◆ **Required work**: Counting every line in the entries below where the word "antt" occurs, report how many there are. Give only that number.

### The records

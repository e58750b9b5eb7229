-- ===== src/Strings/Trim.antt =====
-- What strings.Trim at one byte leaves of a text, whatever property its bytes have.
use cloud_agent_sandbox.Base.{
  ℕ, zero, suc, ◌+◌, ◌≤◌, ◌≡◌, ◌≢◌, refl, sym, ◌∙◌, ap, subst, inl, inr, [], ◌∷◌, ◌++◌, Text, ◌==◌,
  nat_eq, arith, length, take, Bool-cases,
}
use mathlib.Core.List.{reverse_aux, reverse, reverse-cons, reverse-append}
use cloud_agent_sandbox.Strings.{trim_left_byte, trim_byte}

-- Every byte of a text has a property.
abbrev pub Each : (ℕ → Type 0) → Text → Type 0
Each Q [] = Unit
Each Q (c ∷ t) = Q c × Each Q t

module _ (Q : ℕ → Type 0) where
  reverse_aux-Each : (t r : Text) → Each Q t → Each Q r → Each Q (reverse_aux t r)
  reverse_aux-Each [] r h k = k
  reverse_aux-Each (c ∷ t) r h k = reverse_aux-Each t (c ∷ r) h.1 (h.0, k)

  trim_left_byte-Each : (b : ℕ) (t : Text) → Each Q t → Each Q (trim_left_byte b t)
  unfolding trim_left_byte
  trim_left_byte-Each b [] h = h
  trim_left_byte-Each b (c ∷ t) h = elim (Bool-cases (c == b)) [
    | inl e ↦ rw e (trim_left_byte-Each b t h.1)
    | inr e ↦ rw e h
  ]

  pub trim_byte-Each : (b : ℕ) (t : Text) → Each Q t → Each Q (trim_byte b t)
  unfolding trim_byte
  trim_byte-Each b t h =
      reverse_aux-Each (trim_left_byte b (reverse (trim_left_byte b t))) []
        (trim_left_byte-Each b (reverse (trim_left_byte b t))
          (reverse_aux-Each (trim_left_byte b t) [] (trim_left_byte-Each b t h) tt))
        tt

  pub take-Each : (n : ℕ) (t : Text) → Each Q t → Each Q (take n t)
  take-Each zero t h = tt
  take-Each (suc n) [] h = tt
  take-Each (suc n) (c ∷ t) h = (h.0, take-Each n t h.1)

  pub append-Each : (s t : Text) → Each Q s → Each Q t → Each Q (s ++ t)
  append-Each [] t h k = k
  append-Each (c ∷ s) t h k = (h.0, append-Each s t h.1 k)

length-reverse_aux : (t r : Text) → length (reverse_aux t r) ≡ length t + length r
length-reverse_aux [] r = omega arith
length-reverse_aux (c ∷ t) r = omega (arith, length-reverse_aux t (c ∷ r))

length-trim_left_byte : (b : ℕ) (t : Text) → length (trim_left_byte b t) ≤ length t
unfolding trim_left_byte
length-trim_left_byte b [] = omega arith
length-trim_left_byte b (c ∷ t) = ground (arith, length-trim_left_byte b t)

pub length-trim_byte : (b : ℕ) (t : Text) → length (trim_byte b t) ≤ length t
unfolding trim_byte
length-trim_byte b t =
    let u = trim_left_byte b t in
    let v = trim_left_byte b (reverse u) in
    omega (
      arith,
      length-trim_left_byte b t,
      length-reverse_aux u [],
      length-trim_left_byte b (reverse u),
      length-reverse_aux v [],
    )

-- A text that is empty or begins with another byte.
abbrev pub Starts : ℕ → Text → Type 0
Starts b [] = Unit
Starts b (c ∷ t) = c ≢ b

trim_left_byte-Starts : (b : ℕ) (t : Text) → Starts b (trim_left_byte b t)
unfolding trim_left_byte
trim_left_byte-Starts b [] = tt
trim_left_byte-Starts b (c ∷ t) = elim (Bool-cases (c == b)) [
  | inl e ↦ rw e (trim_left_byte-Starts b t)
  | inr e ↦ rw e (ground (arith, e, nat_eq.beq_iff c b))
]

-- A last byte that is another one stays.
trim_left_byte-append :
    (b c : ℕ) (t : Text) → c ≢ b → (u : Text) × (trim_left_byte b (t ++ (c ∷ [])) ≡ u ++ (c ∷ []))
unfolding trim_left_byte
trim_left_byte-append b c [] n = ([], ground (arith, n, nat_eq.beq_iff c b))
trim_left_byte-append b c (d ∷ t) n = elim (Bool-cases (d == b)) [
  | inl e ↦ rw e (trim_left_byte-append b c t n)
  | inr e ↦ rw e (d ∷ t, refl)
]

back-Starts : (b : ℕ) (t : Text) → Starts b t → Starts b (reverse (trim_left_byte b (reverse t)))
unfolding trim_left_byte
back-Starts b [] h = tt
back-Starts b (c ∷ t) h =
    let (u, e) = trim_left_byte-append b c (reverse t) h in
    let split : reverse (trim_left_byte b (reverse (c ∷ t))) ≡ c ∷ reverse u =
      ap (λ s. reverse (trim_left_byte b s)) (reverse-cons c t)
      ∙ ap (λ s. reverse s) e
      ∙ reverse-append u (c ∷ []) in
    subst (Starts b) (sym split) h

pub trim_byte-Starts : (b : ℕ) (t : Text) → Starts b (trim_byte b t)
unfolding trim_byte
trim_byte-Starts b t = back-Starts b (trim_left_byte b t) (trim_left_byte-Starts b t)
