-- ===== src/Session/Id/Slug.antt =====
-- internal/session/id.go: the bytes of a slug, its first byte and its length.
use cloud_agent_sandbox.Base.{
  ℕ, zero, suc, ◌*◌, ◌/◌, ◌%◌, ◌≤◌, ◌<◌, ◌≡◌, refl, ◌⊎◌, inl, inr, [], ◌∷◌, Text, ◌==◌, ◌&&◌,
  nat_eq, ltb, arith, length, length-take, take, Bool-cases,
}
use cloud_agent_sandbox.Strings.{trim_byte}
use cloud_agent_sandbox.Strings.Trim.{
  Each, trim_byte-Each, take-Each, length-trim_byte, Starts, trim_byte-Starts,
}
use cloud_agent_sandbox.Session.Id.{
  hex_digit, hex_encode, in_range, slug_byte, slugify_from, slugify, tail_width, halve_dashes,
  has_double_dash, collapse, max_slug, bound_slug, slug_of,
}

-- A letter in lower case or a digit, and the same or a dash.
abbrev pub IsPlain : ℕ → Type 0
IsPlain c = ((b'a' ≤ c) × (c ≤ b'z')) ⊎ ((b'0' ≤ c) × (c ≤ b'9'))

abbrev pub IsSlugByte : ℕ → Type 0
IsSlugByte c = IsPlain c ⊎ (c ≡ b'-')

slug_byte-IsSlugByte : (c : ℕ) → IsSlugByte (slug_byte c)
unfolding slug_byte in_range
slug_byte-IsSlugByte c = ground arith

slugify_from-Each : (n : ℕ) (t : Text) → Each IsSlugByte (slugify_from n t)
unfolding slugify_from
slugify_from-Each n [] = tt
slugify_from-Each (suc n) (c ∷ t) = slugify_from-Each n t
slugify_from-Each zero (c ∷ t) = (slug_byte-IsSlugByte c, slugify_from-Each (tail_width c t) t)

module _ (Q : ℕ → Type 0) where
  halve_dashes-Each : (t : Text) → Q b'-' → Each Q t → Each Q (halve_dashes t)
  unfolding halve_dashes
  halve_dashes-Each [] d h = h
  halve_dashes-Each (c ∷ []) d h = h
  halve_dashes-Each (c ∷ e ∷ t) d h = elim (Bool-cases (c == b'-' && e == b'-')) [
    | inl b ↦ rw b (d, halve_dashes-Each t d h.1.1)
    | inr b ↦ rw b (h.0, halve_dashes-Each (e ∷ t) d h.1)
  ]

  collapse-Each : (n : ℕ) (t : Text) → Q b'-' → Each Q t → Each Q (collapse n t)
  unfolding collapse
  collapse-Each zero t d h = h
  collapse-Each (suc n) t d h = elim (Bool-cases (has_double_dash t)) [
    | inl b ↦ rw b (collapse-Each n (halve_dashes t) d (halve_dashes-Each t d h))
    | inr b ↦ rw b h
  ]

halve_dashes-Starts : (t : Text) → Starts b'-' t → Starts b'-' (halve_dashes t)
unfolding halve_dashes
halve_dashes-Starts [] h = h
halve_dashes-Starts (c ∷ []) h = h
halve_dashes-Starts (c ∷ d ∷ t) h = elim (Bool-cases (c == b'-' && d == b'-')) [
  | inl b ↦ absurd (ground (arith, b, h, nat_eq.beq_iff c b'-'))
  | inr b ↦ rw b h
]

collapse-Starts : (n : ℕ) (t : Text) → Starts b'-' t → Starts b'-' (collapse n t)
unfolding collapse
collapse-Starts zero t h = h
collapse-Starts (suc n) t h = elim (Bool-cases (has_double_dash t)) [
  | inl b ↦ rw b (collapse-Starts n (halve_dashes t) (halve_dashes-Starts t h))
  | inr b ↦ rw b h
]

-- What a slug is: letters, digits and dashes, with no dash in front, at most forty.
pub record IsSlug (t : Text) : Type 0 where
  pub each : Each IsSlugByte t
  pub starts : Starts b'-' t
  pub short : length t ≤ max_slug

bound_slug-IsSlug : (t : Text) → Each IsSlugByte t → Starts b'-' t → IsSlug (bound_slug t)
unfolding bound_slug
bound_slug-IsSlug t h s = elim (Bool-cases (ltb max_slug (length t))) [
  | inl b ↦ rw b record {
    each = trim_byte-Each IsSlugByte b'-' (take max_slug t) (take-Each IsSlugByte max_slug t h);
    starts = trim_byte-Starts b'-' (take max_slug t);
    short = omega (arith, length-trim_byte b'-' (take max_slug t), length-take max_slug t);
  }
  | inr b ↦ rw b record { each = h; starts = s; short = ground (arith, b) }
]

pub slug_of-IsSlug : (ref : Text) → IsSlug (slug_of ref)
unfolding slug_of slugify
slug_of-IsSlug ref =
    let t = trim_byte b'-' (slugify ref) in
    bound_slug-IsSlug (collapse (length t) t)
      (collapse-Each IsSlugByte (length t) t (inr refl)
        (trim_byte-Each IsSlugByte b'-' (slugify ref) (slugify_from-Each 0 ref)))
      (collapse-Starts (length t) t (trim_byte-Starts b'-' (slugify ref)))

-- The hexadecimal digits of bytes.
hex_digit-IsPlain : (n : ℕ) → n < 16 → IsPlain (hex_digit n)
unfolding hex_digit
hex_digit-IsPlain n h = ground (arith, h)

pub hex_encode-Each : (t : Text) → Each (λ b. b < 256) t → Each IsPlain (hex_encode t)
unfolding hex_encode
hex_encode-Each [] h = tt
hex_encode-Each (b ∷ t) h = (
  hex_digit-IsPlain (b / 16) (omega (arith, h.0)),
  (hex_digit-IsPlain (b % 16) (omega arith), hex_encode-Each t h.1),
)

pub length-hex_encode : (t : Text) → length (hex_encode t) ≡ 2 * length t
unfolding hex_encode
length-hex_encode [] = refl
length-hex_encode (b ∷ t) = omega (arith, length-hex_encode t)
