-- ===== src/SystemClient/Ids.antt =====
-- The ids of requests: ipc_client_getMsgId, and the id that goes into the header.
use ipc_with_cht.Prelude.{ℕ, zero, suc, ◌+◌, ◌%◌, ◌^◌, ◌<◌, ◌≡◌, ◌≢◌, refl, arith}
use ipc_with_cht.SystemClient.{next_msg_id, wire_id}

-- The id of the n-th request, counted from 0, of a program that starts with the counter at 0.
unfoldable pub nth_id : ℕ → ℕ
unfolding next_msg_id
nth_id zero = next_msg_id 0
nth_id (suc n) = next_msg_id (nth_id n)

-- The n-th request of a program, counted from 0, has the id n mod 65535 + 1: the ids run through 1 to
-- 65535 and start again.
pub nth_id_closed : (n : ℕ) → nth_id n ≡ n % 65535 + 1
unfolding nth_id next_msg_id
nth_id_closed zero = refl
nth_id_closed (suc n) = ground (arith, nth_id_closed n)

-- Whatever the counter holds, the next id is a number of 16 bits other than 0.
pub next_msg_id-range : (g : ℕ) → (0 < next_msg_id g) × (next_msg_id g < 2 ^ 16)
unfolding next_msg_id
next_msg_id-range g = ground arith

-- Of 32767 requests in a row no two carry the same id in their headers.
pub wire_ids_distinct : (i j : ℕ) → i < j → j < i + 32767 → wire_id (nth_id i) ≢ wire_id (nth_id j)
unfolding wire_id
wire_ids_distinct i j h k e = omega (arith, nth_id_closed i, nth_id_closed j, h, k, e)

-- A request of the first half of the cycle and the one 32768 later carry the same id: the shift
-- drops the highest bit.
pub wire_ids_repeat :
    (i : ℕ) → i % 65535 < 32767 → wire_id (nth_id i) ≡ wire_id (nth_id (i + 32768))
unfolding wire_id
wire_ids_repeat i h = omega (arith, nth_id_closed i, nth_id_closed (i + 32768), h)
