-- ===== src/SystemClient/Records.antt =====
-- The records of implement/zwsystemInterface/zwsystem_ipc_defined.h: the header of a request or a
-- reply, and the messages that start with it.
use ipc_with_cht.Prelude.{◌≡◌, refl, some, List, [], ◌∷◌}
use ipc_with_cht.SystemApi.Layout.{
  Field, field, array, struct, char, uint16, uint32, pointer, offset_of, offset_from,
}
use ipc_with_cht.SystemClient.{hdr_size, msg_size}
use ipc_with_cht.SystemClient.Listener.{prefix_len}

abbrev pub ipc_hdr_record : List Field
ipc_hdr_record =
    field "u32FourCC" uint32
    ∷ field "u32HdrSize" uint32
    ∷ field "u32PayloadSize" uint32
    ∷ field "u16Headers" (array uint16 32)
    ∷ []

abbrev pub ipc_msg_record : List Field
unfolding struct
ipc_msg_record = field "stHdr" (struct ipc_hdr_record) ∷ field "pu8Payload" pointer ∷ []

abbrev pub sub_hdr_record : List Field
sub_hdr_record = field "u8eventPrefix" (array char prefix_len) ∷ []

abbrev pub sub_msg_record : List Field
unfolding struct
sub_msg_record =
    field "stSubHdr" (struct sub_hdr_record)
    ∷ field "stHdr" (struct ipc_hdr_record)
    ∷ field "pu8Payload" pointer
    ∷ []

-- The offsets and the sizes that the messages are written and read with are those of the records.
ipc_msg-layout :
    (offset_of "u32HdrSize" ipc_hdr_record ≡ some (4, uint32))
    × (offset_of "u32PayloadSize" ipc_hdr_record ≡ some (8, uint32))
    × (offset_of "u16Headers" ipc_hdr_record ≡ some (12, array uint16 32))
    × ((struct ipc_hdr_record).size ≡ hdr_size)
    × (offset_of "pu8Payload" ipc_msg_record ≡ some (80, pointer))
    × ((struct ipc_msg_record).size ≡ msg_size)
    × (offset_of "stHdr" sub_msg_record ≡ some (8, struct ipc_hdr_record))
unfolding struct offset_from
ipc_msg-layout = (refl, refl, refl, refl, refl, refl, refl)
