-- ===== src/SystemClient/SubMessage.antt =====
-- The messages of the system's events: zwsystem_sub_msg_init and its like in
-- implement/zwsystemInterface/zwsystem_ipc_defined.h.
use ipc_with_cht.Prelude.{ℕ, ◌≡◌, ◌∙◌, Option, none, some, length, take, drop, arith}
use ipc_with_cht.Prelude.Bytes.{Bytes, load}
use ipc_with_cht.Prelude.Memory.{
  store, store_num, length-store, length-store_num, load-store_num, load-store_num_before,
  load_within,
}
use ipc_with_cht.SystemClient.{fourcc}
use ipc_with_cht.SystemClient.Listener.{prefix_len, on_message}

-- sizeof(stZwsystemSubMsg): the prefix at 0, the header at 8, and the pointer pu8Payload at 88.
abbrev pub sub_msg_size : ℕ
sub_msg_size = 96

-- The message with its prefix and its header, written over what the memory holds. A null message
-- or prefix is `none`.
unfoldable pub sub_msg_init : Option Bytes → Option Bytes → ℕ → ℕ → Option Bytes
sub_msg_init none prefix id cmd = none
sub_msg_init (some m) none id cmd = some m
sub_msg_init (some m) (some prefix) id cmd = some (
    store_num 88 8 0 (
      store_num 16 4 0 (
        store_num 12 4 2 (
          store_num 22 2 cmd
            (store_num 20 2 id (store_num 8 4 fourcc (store 0 (take prefix_len prefix) m)))))))

unfoldable pub sub_msg_free : Option Bytes → Option Bytes
sub_msg_free none = none
sub_msg_free (some m) =
    some (store_num 16 4 0 (store_num 12 4 0 (store_num 8 4 fourcc (store_num 0 1 0 m))))

-- Where the event's prefix, its header and its payload's pointer are read.
unfoldable pub event_prefix : Option Bytes → Option Bytes
event_prefix none = none
event_prefix (some m) = some m

unfoldable pub ipc_hdr : Option Bytes → Option Bytes
ipc_hdr none = none
ipc_hdr (some m) = some (drop 8 m)

module _ (m prefix : Bytes) (id cmd : ℕ) (room : length m ≡ sub_msg_size) where
  begun : Bytes
  begun = store_num 20 2 id (store_num 8 4 fourcc (store 0 (take prefix_len prefix) m))

  length-begun : length begun ≡ sub_msg_size
  unfolding begun
  length-begun =
      length-store_num 20 2 id _
      ∙ length-store_num 8 4 fourcc _
      ∙ length-store 0 (take prefix_len prefix) m
      ∙ room

  finished : Bytes
  unfolding begun
  finished = store_num 88 8 0 (store_num 16 4 0 (store_num 12 4 2 (store_num 22 2 cmd begun)))

  length-finished : length finished ≡ sub_msg_size
  unfolding finished
  length-finished =
      length-store_num 88 8 0 _
      ∙ length-store_num 16 4 0 _
      ∙ length-store_num 12 4 2 _
      ∙ length-store_num 22 2 cmd _
      ∙ length-begun

  fourcc-finished : load 8 4 finished ≡ some fourcc
  unfolding finished begun
  fourcc-finished =
      load-store_num_before 88 8 0 8 4 _ (omega arith)
      ∙ load-store_num_before 16 4 0 8 4 _ (omega arith)
      ∙ load-store_num_before 12 4 2 8 4 _ (omega arith)
      ∙ load-store_num_before 22 2 cmd 8 4 _ (omega arith)
      ∙ load-store_num_before 20 2 id 8 4 _ (omega arith)
      ∙ load-store_num 8 4 fourcc (store 0 (take prefix_len prefix) m)
          (omega (arith, length-store 0 (take prefix_len prefix) m, room)) (omega arith)

  numbers-finished : load 12 4 finished ≡ some 2
  unfolding finished
  numbers-finished =
      load-store_num_before 88 8 0 12 4 _ (omega arith)
      ∙ load-store_num_before 16 4 0 12 4 _ (omega arith)
      ∙ load-store_num 12 4 2 (store_num 22 2 cmd begun)
          (omega (arith, length-store_num 22 2 cmd begun, length-begun)) (omega arith)

few_numbers :
    (d : Bytes)
    → length d ≡ sub_msg_size
    → load 8 4 d ≡ some fourcc
    → load 12 4 d ≡ some 2
    → on_message (some d) ≡ some none
unfolding on_message
few_numbers d room a b = ground (arith, load_within 24 2 d)

-- A message as `zwsystem_sub_msg_init` leaves it, for any memory of its size, any prefix, id and
-- command, is passed over by the listener: it announces two numbers behind the sizes, and the
-- listener asks for three. A publisher has to set the result and the count first.
pub initialised_passed_over :
    (m prefix : Bytes) (id cmd : ℕ)
    → length m ≡ sub_msg_size
    → on_message (sub_msg_init (some m) (some prefix) id cmd) ≡ some none
unfolding sub_msg_init finished begun
initialised_passed_over m prefix id cmd room =
    few_numbers (finished m prefix id cmd room) (length-finished m prefix id cmd room)
      (fourcc-finished m prefix id cmd room) (numbers-finished m prefix id cmd room)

######

◆ **Written reply**: 5